On the other hand, De Niro's readiness to become a jobbing professional star evidently allows him to help independent filmmakers, as he does with the Tribeca Film Festival, a New York rival to Sundance. And many of his choices of film since the mid-1980s can be read as his way of using his fame and talent to give worthy projects a chance. Even in forgettable films such as The Score (2001) or City By The Sea (2002) he is quietly impressive.

It's arguable that we have no right to demand of him the kind of fanatical, health-endangering devotion to the Method that saw him put on almost 30 kilograms in four months to fatten up for the bloated La Motta. De Niro and Scorsese talked of Raging Bull as a no-holds-barred excavation of their own troubled psyches.

It was thrilling, they survived it - and we need to look for other virtues in their subsequent work. It is surely ungrateful to quibble about The King Of Comedy, one of the most insidiously daring films of the 1980s, or Goodfellas (1987), an acknowledged masterpiece.

Even the move to comedy isn't exactly a betrayal. After all, if one goes back to De Niro's earliest years in film - in Brian De Palma's hippyish, edgy political satires such as Greetings (1968) and Hi, Mom! (1970) - he shows a gift for deadpan comedy.

But let's hope his leading role as the producer-hero in Barry Levinson's forthcoming comedy What Just Happened?, due for release in the United States in October, is a genuine return to form in a demanding part in a substantial film.

After that, he's working again with Michael Mann on the hitman thriller Frankie Machine, and plans to reunite with Scorsese at least one more time. It seems the Taxi Driver is not yet ready to collect his bus pass.

Telegraph, London
FIVE TOP DE NIRO MOMENTS
Taxi Driver (1976) "You talkin' to me? Well, I'm the only one here." The improvised mirror scene in which Travis Bickle reveals the depths of his alienation.

Raging Bull (1980) Any of the excruciating junctures when literal-minded, jealous Jake gets snagged on some word like "good-looking". It means trouble - a middleweight beating - for his wife, Vicky, and brother Joey.

Goodfellas (1990) We track in on De Niro's terrifying Jimmy Conway at the bar as he looks down at his drink, up at a pesky fellow robber, down again, up again … with a tiny, evil smirk that means murder.

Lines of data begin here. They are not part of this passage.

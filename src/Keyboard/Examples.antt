-- ===== src/Keyboard/Examples.antt =====
-- Witnesses for the theorems about keyboards, and tests.
use mathlib.Core.List.{Memᴰ}
use mathlib.Core.List.Memᴰ
use blueship.Keyboard.{
  BotKeyboardKey, BotKeyboardNode, BotKeyboard, MenuError, blank_action, action, action_on,
  action_of, valid, known_commands, configured, has_node, check_nodes, check_screen, check_rows,
  check_row, valid_key, check_label, controls, check_ask, normalize_command_name, has_placeholder,
  trim_slash, find_in_nodes, find_in_rows, find_in_row,
}
use blueship.Keyboard.Distinct.{keys_of, keys_of_rows}
use blueship.Keyboard.Labels.{LeadsSomewhere, valid-action}
use blueship.Prelude.{
  String, none, some, [], ◌∷◌, ◌≡◌, refl, inl, inr, true, and_then, reject, is_blank, contains,
  is_space, trim_left, trim_right, trim_space,
}

abbrev identity : String → String
identity s = s

abbrev blank_key : BotKeyboardKey
blank_key = record { label = ""; node = ""; command = ""; say = ""; ask = "" }

abbrev to_paint : BotKeyboardKey
to_paint = record blank_key { label = "Paint"; node = "paint" }

abbrev pay : BotKeyboardKey
pay = record blank_key { label = "Pay"; command = "/pay" }

abbrev a_cat : BotKeyboardKey
a_cat = record blank_key { label = "A cat"; say = "paint a cat with %s"; ask = "what with?" }

abbrev start : String × BotKeyboardNode
start = ("start", record { text = "hello"; parent = ""; rows = (to_paint ∷ pay ∷ []) ∷ [] })

abbrev paint : String × BotKeyboardNode
paint = ("paint", record { text = "what?"; parent = "start"; rows = (a_cat ∷ []) ∷ [] })

abbrev two_screens : BotKeyboard
two_screens = record {
  root = "start";
  nodes = start ∷ paint ∷ [];
  back_label = "Back";
  close_label = "Close";
}

other_order :
    (e : String × BotKeyboardNode) → Memᴰ e (paint ∷ start ∷ []) → Memᴰ e (start ∷ paint ∷ [])
other_order e m = elim (Memᴰ.cases_cons m) [
  | inl p ↦ Memᴰ.tail (Memᴰ.head p)
  | inr n ↦ elim (Memᴰ.cases_cons n) [ inl q ↦ Memᴰ.head q | inr r ↦ absurd (Memᴰ.not-nil r) ]
]

valid-two_screens : valid identity two_screens ("pay" ∷ []) ≡ none
unfolding valid configured has_node check_nodes check_screen and_then reject is_blank check_rows
    check_row valid_key check_label contains controls check_ask known_commands
    normalize_command_name has_placeholder trim_slash is_space trim_left trim_right trim_space
valid-two_screens = refl

unknown_command : valid identity two_screens [] ≡ some MenuError.no_known_command
unfolding valid configured has_node check_nodes check_screen and_then reject is_blank check_rows
    check_row valid_key check_label contains controls check_ask known_commands
    normalize_command_name has_placeholder trim_slash is_space trim_left trim_right trim_space
unknown_command = refl

tap_close : action identity two_screens "Close " ≡ some (record blank_action { close = true })
unfolding action action_on trim_space configured find_in_nodes find_in_rows find_in_row action_of
    normalize_command_name trim_slash
tap_close = refl

tap_pay : action identity two_screens "Pay" ≡ some (record blank_action { text = "/pay" })
unfolding action action_on trim_space configured find_in_nodes find_in_rows find_in_row action_of
    normalize_command_name trim_slash
tap_pay = refl

valid-action_example :
    (action identity (record two_screens { nodes = paint ∷ start ∷ [] }) "A cat"
      ≡ some (action_of identity a_cat))
    × LeadsSomewhere identity
        (start ∷ paint ∷ [])
        (known_commands identity ("pay" ∷ []))
        (action_of identity a_cat)
unfolding trim_space keys_of keys_of_rows
valid-action_example =
    valid-action identity two_screens (paint ∷ start ∷ []) ("pay" ∷ []) a_cat valid-two_screens
      other_order (Memᴰ.head refl) refl

-- A key whose label ends in a space is accepted, and no message finds it.
abbrev one_key : BotKeyboard
one_key = record two_screens {
  nodes =
      (
        "start",
        record {
          text = "hello";
          parent = "";
          rows = (record a_cat { label = "A cat " } ∷ []) ∷ [];
        },
      )
      ∷ [];
}

valid-one_key : valid identity one_key [] ≡ none
unfolding valid configured has_node check_nodes check_screen and_then reject is_blank check_rows
    check_row valid_key check_label contains controls check_ask known_commands
    normalize_command_name has_placeholder trim_slash is_space trim_left trim_right trim_space
valid-one_key = refl

tap_one_key : action identity one_key "A cat " ≡ none
unfolding action action_on trim_space configured find_in_nodes find_in_rows find_in_row action_of
    normalize_command_name trim_slash
tap_one_key = refl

Cape Fear (1991) Nick Nolte's teenage daughter gets a phone call from her "drama teacher": dissolve to sweet-talking, sinister Max hanging upside down in a doorway. Magnificently bonkers.

Heat (1995) The electrifying late scene in the car when, otherwise home free with his girl, De Niro's master criminal decides on one more vengeful killing: "I gotta take care of something."